§ **WHAT IS NEEDED**: Each line in the records below that has the word "Result" should be copied.

──────────

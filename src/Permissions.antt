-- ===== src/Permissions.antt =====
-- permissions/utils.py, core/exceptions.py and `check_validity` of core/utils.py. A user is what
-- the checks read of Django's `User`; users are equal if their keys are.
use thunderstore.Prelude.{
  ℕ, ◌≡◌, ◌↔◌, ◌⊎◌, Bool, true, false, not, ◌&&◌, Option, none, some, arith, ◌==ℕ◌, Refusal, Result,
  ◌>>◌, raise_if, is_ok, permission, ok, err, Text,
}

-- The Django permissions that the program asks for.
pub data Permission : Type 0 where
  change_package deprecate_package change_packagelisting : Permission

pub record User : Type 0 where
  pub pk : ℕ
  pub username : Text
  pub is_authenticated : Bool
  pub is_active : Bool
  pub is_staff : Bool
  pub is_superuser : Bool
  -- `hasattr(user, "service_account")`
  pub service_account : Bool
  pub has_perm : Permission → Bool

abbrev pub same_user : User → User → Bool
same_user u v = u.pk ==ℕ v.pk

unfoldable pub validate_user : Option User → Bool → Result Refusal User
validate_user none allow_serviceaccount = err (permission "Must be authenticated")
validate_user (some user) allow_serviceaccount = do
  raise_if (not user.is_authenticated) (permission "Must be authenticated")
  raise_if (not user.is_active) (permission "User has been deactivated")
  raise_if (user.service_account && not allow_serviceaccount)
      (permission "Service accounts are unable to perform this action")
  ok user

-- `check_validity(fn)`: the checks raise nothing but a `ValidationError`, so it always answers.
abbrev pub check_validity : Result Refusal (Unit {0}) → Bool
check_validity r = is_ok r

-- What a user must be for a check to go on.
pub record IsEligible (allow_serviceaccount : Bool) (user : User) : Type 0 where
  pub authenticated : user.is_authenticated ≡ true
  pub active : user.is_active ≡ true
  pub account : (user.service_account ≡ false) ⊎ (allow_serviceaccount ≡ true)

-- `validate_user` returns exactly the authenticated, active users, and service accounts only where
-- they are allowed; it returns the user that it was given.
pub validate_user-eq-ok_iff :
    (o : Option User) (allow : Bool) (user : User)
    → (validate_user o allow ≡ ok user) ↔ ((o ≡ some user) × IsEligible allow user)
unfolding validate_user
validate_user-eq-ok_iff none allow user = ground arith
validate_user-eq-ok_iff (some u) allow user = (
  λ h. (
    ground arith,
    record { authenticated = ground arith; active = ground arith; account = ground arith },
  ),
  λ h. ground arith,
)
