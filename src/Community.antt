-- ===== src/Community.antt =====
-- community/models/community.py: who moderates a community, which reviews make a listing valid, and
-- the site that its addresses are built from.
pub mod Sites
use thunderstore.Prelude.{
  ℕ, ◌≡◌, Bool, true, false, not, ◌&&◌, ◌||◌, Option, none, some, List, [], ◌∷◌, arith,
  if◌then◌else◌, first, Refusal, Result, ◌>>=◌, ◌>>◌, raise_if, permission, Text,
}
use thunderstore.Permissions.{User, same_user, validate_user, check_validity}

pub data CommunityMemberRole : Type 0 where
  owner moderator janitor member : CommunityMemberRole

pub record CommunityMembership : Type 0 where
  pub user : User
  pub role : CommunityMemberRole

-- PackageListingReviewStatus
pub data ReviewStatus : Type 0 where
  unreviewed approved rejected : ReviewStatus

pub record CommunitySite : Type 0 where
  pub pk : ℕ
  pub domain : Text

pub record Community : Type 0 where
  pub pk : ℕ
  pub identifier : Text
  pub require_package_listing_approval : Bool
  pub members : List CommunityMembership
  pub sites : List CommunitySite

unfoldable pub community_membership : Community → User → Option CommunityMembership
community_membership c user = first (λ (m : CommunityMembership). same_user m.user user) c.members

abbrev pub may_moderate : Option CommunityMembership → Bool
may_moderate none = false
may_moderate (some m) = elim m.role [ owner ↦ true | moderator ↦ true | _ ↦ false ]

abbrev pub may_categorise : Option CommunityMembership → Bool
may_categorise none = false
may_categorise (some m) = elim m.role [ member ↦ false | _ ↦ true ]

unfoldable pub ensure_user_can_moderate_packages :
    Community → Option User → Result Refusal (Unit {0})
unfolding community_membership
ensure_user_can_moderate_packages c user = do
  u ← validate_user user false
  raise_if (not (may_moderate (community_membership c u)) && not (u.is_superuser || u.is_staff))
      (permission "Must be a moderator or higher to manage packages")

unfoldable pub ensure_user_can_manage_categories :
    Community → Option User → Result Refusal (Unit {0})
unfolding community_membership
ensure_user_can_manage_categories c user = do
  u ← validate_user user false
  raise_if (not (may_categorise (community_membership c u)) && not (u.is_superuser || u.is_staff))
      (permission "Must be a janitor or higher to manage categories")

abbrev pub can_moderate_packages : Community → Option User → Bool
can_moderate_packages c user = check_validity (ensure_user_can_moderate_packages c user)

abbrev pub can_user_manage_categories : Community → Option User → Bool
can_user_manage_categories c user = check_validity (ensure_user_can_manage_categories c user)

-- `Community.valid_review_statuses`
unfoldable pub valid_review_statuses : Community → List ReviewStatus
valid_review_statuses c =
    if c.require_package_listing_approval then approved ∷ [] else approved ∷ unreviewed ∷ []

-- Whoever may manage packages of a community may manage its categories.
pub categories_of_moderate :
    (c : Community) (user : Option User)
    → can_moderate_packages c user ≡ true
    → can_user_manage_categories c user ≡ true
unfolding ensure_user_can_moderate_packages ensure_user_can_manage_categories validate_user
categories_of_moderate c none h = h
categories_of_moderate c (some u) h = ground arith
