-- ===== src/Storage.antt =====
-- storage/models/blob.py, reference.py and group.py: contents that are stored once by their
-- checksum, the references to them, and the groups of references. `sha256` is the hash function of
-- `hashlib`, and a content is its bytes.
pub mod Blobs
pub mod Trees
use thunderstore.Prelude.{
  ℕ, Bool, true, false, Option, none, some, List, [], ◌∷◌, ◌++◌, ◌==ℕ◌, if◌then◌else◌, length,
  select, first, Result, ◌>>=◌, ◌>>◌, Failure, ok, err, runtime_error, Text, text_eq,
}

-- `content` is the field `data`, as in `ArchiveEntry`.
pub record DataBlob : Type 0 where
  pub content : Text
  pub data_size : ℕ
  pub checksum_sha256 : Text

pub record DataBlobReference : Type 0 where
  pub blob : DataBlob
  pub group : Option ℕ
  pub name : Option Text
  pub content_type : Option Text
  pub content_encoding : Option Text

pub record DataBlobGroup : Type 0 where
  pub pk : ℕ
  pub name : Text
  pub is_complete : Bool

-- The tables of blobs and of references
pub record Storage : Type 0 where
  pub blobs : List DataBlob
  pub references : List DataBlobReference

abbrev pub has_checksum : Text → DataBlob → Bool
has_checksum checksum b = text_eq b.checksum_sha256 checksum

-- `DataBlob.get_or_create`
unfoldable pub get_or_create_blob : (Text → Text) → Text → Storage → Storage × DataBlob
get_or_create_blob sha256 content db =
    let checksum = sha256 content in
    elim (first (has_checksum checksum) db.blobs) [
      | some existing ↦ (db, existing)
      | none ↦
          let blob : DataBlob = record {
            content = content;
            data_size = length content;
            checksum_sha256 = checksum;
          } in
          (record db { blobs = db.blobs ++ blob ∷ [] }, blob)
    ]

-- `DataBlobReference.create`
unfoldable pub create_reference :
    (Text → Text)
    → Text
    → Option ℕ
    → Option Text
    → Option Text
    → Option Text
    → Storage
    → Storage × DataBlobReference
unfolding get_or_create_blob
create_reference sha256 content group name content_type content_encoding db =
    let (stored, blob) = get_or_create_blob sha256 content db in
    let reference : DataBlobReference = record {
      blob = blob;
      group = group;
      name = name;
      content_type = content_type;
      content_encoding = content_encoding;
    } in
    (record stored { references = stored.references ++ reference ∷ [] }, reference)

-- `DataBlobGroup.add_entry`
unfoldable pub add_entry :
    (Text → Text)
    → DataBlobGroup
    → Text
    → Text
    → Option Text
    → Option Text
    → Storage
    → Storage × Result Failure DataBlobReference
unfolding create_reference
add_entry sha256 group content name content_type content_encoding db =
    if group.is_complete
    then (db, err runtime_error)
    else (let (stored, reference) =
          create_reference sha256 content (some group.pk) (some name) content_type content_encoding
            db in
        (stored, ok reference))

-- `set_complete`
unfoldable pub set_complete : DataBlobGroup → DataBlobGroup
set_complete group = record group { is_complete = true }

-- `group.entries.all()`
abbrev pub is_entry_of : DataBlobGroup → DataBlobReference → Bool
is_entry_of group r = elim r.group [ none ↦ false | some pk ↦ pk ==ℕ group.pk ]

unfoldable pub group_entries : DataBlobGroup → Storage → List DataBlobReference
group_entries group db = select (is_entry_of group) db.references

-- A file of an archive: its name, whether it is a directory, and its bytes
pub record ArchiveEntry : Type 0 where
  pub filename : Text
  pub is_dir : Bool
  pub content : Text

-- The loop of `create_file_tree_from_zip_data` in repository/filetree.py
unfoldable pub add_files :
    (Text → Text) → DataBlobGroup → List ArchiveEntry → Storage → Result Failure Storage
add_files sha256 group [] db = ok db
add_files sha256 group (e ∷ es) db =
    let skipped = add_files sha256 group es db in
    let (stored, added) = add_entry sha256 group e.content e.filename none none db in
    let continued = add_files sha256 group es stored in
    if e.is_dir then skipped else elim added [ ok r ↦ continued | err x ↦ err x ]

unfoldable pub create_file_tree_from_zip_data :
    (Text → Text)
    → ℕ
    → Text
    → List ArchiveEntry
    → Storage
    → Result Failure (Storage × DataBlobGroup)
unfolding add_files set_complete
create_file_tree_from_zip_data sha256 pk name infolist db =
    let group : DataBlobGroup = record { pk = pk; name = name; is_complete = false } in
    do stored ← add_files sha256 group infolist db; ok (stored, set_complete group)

──────────

§ **THE COMPLETED TASK**:
  ℕ, ◌≡◌, ◌↔◌, ◌⊎◌, Bool, true, false, not, ◌&&◌, Option, none, some, arith, ◌==ℕ◌, Refusal, Result,
unfoldable pub validate_user : Option User → Bool → Result Refusal User
abbrev pub check_validity : Result Refusal (Unit {0}) → Bool
  if◌then◌else◌, first, Refusal, Result, ◌>>=◌, ◌>>◌, raise_if, permission, Text,
    Community → Option User → Result Refusal (Unit {0})
    Community → Option User → Result Refusal (Unit {0})
  select, first, Result, ◌>>=◌, ◌>>◌, Failure, ok, err, runtime_error, Text, text_eq,
    → Storage × Result Failure DataBlobReference
    (Text → Text) → DataBlobGroup → List ArchiveEntry → Storage → Result Failure Storage
    → Result Failure (Storage × DataBlobGroup)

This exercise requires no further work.